Japanese actor (born 1983)

Nakamura Shichinosuke II (二代目 中村 七之助, Nidaime Nakamura Shichinosuke) (born May 18, 1983) is a Japanese Kabuki, theatre, TV, and film actor. He was born Takayuki Namino (波野 隆行, Namino Takayuki), the second son of famed Kabuki performer, Nakamura Kanzaburō XVIII. Unlike many kabuki actors, who specialize in a single type of role, Shichinosuke plays both male (tachiyaku) and female (onnagata) parts.

==Name and lineage==
Nakamura, often represented as "Shichinosuke Nakamura" in reference to his American film career, is a member of the kabuki guild Nakamura-ya, and currently performs kabuki along with his brother Nakamura Kankurō VI. His family can trace their lineage back, within the kabuki world, at least seven generations, to Onoe Kikugorō III and Ichimura Uzaemon XI, who performed in the early 19th century. As is the case with the names of all kabuki actors, "Nakamura Shichinosuke" is a yagō or stage name.

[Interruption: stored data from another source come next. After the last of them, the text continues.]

-- ===== src/Serial/Locked.antt =====
-- pkg/serial/real_serial_windows.go and real_serial_darwin.go, which have the same code: the port of
-- real_serial_linux.go with a mutex around every method.
use share_serial.Base.{
  ◌⊎◌, ℕ, ◌≡◌, refl, true, not, Option, none, some, List, [], ◌∷◌, Text, if◌then◌else◌,
}
use share_serial.Guarded
use share_serial.Guarded.{Guarded, Event, delivers}
use share_serial.Serial.{Config}
use share_serial.Serial.Real.{SerialLibrary, RealSerialPort, open_real, close_real, set_config}

module _ (lib : SerialLibrary) where
  -- The methods with their arguments; a read has the size of its buffer.
  pub data Call : Type 0 where
    call_open : Text → Call
    call_close : Call
    call_read : ℕ → Call
    call_write : Text → Call
    call_is_open : Call
    call_set_config : Config → Call
    call_get_path : Call

  abbrev pub Port : Type 0
  Port = RealSerialPort lib

  -- A read or a write of an open port waits for its device, which answers it with `deliver`; the other
  -- calls return.
  unfoldable pub finish : Port → Call → Option Port
  unfolding open_real close_real set_config
  finish r (call_open path) = some (open_real lib r path).0
  finish r call_close = some (close_real lib r)
  finish r (call_read n) = elim r.port [
    | none ↦ some r
    | some d ↦ if not r.is_open then some r else none
  ]
  finish r (call_write buf) = elim r.port [
    | none ↦ some r
    | some d ↦ if not r.is_open then some r else none
  ]
  finish r call_is_open = some r
  finish r (call_set_config config) = some (set_config lib r config).0
  finish r call_get_path = some r

  unfoldable pub deliver : Port → Call → Text → Option Port
  deliver r (call_open path) chunk = none
  deliver r call_close chunk = none
  deliver r (call_read n) chunk = some r
  deliver r (call_write buf) chunk = some r
  deliver r call_is_open chunk = none
  deliver r (call_set_config config) chunk = none
  deliver r call_get_path chunk = none

  -- On Windows and macOS, while a `Read` of the open port waits, no other call is served, `Write` and
  -- `Close` included: whatever happens begins with the device answering the reader.
  read_locks_out :
      (r : Port) (d : lib.Device) (n : ℕ) (es : List (Event Call)) (h : Guarded Port Call)
      → r.port ≡ some d
      → r.is_open ≡ true
      → Guarded.run finish deliver (record { state = r; inside = some (call_read n) }) es ≡ some h
      → (es ≡ []) ⊎ ((chunk : Text) × (rest : List (Event Call)) × (es ≡ delivers chunk ∷ rest))
  unfolding finish
  read_locks_out r d n es h port open_port ran =
      Guarded.waits finish deliver (record { state = r; inside = some (call_read n) }) h
        (call_read n) es refl (rw (port, open_port) refl) ran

He is the second actor to inherit the name Nakamura Shichinosuke, as the first was actor Nakamura Kanzaburō IX (九代目 中村勘三郎), who used the name Nakamura Shichinosuke I (初代 中村七之助) from 1769 to 1770.

==Life and career==
In September 1986 he made his first appearance on stage at the Kabuki-za, taking the name Nakamura Shichinosuke the following year. Within a few years he was described as "one of the 21st Century's most promising young Kabuki Actors". He has performed Kabuki in numerous international theaters, often alongside his father and brother, as part of the Heisei Nakamura-za. He also performs annually in Asakusa Kabuki at the Asakusa Kōkaidō, a production aimed at attracting the younger generation and encouraging in them an interest in kabuki.

In 1994, Shichinosuke performed in the modern play "Sukapan". He has also appeared in such NHK (Japan Broadcasting Corporation) TV drama series as Takeda Shingen (a dramatization of Shingen's life), and Genroku Ryoran.

Nakamura graduated from high school in March 2002 and the following year he played the role of Emperor Meiji in Edward Zwick's movie The Last Samurai. The Last Samurai marks his film debut. In 2004 he appeared in the film version of Wataya Risa's novel Insutooru, and in 2005, he played an Edo period recovering drug addict in the absurdly comical film Mayonaka no Yaji-san Kita-san, based on a comic book.

Nakamura was arrested in January 2005 in Tokyo's Bunkyō-ku for punching a police officer after a taxi driver claimed he did not pay his fare while intoxicated in what could be the first arrest of a kabuki actor since the arrest of Ichikawa Gonjūrō for a murder charge in 1871. The subsequent controversy after the arrest barred Nakamura from participating in the celebration of his father's shūmei (naming ceremony) in March 2005.

==Personal life==
On April 18, 2025, Shichinosuke II announced through his agency that he will soon be getting married. Although the identity of his wife is still unknown (due to her not being in the Japanese show business industry), Shichinosuke II's future wife is said to be younger than him (in her 30s) and is a famous geisha (geiko) from Kyoto who was the number 1 geiko in Kyoto before she started dating Shichinosuke II.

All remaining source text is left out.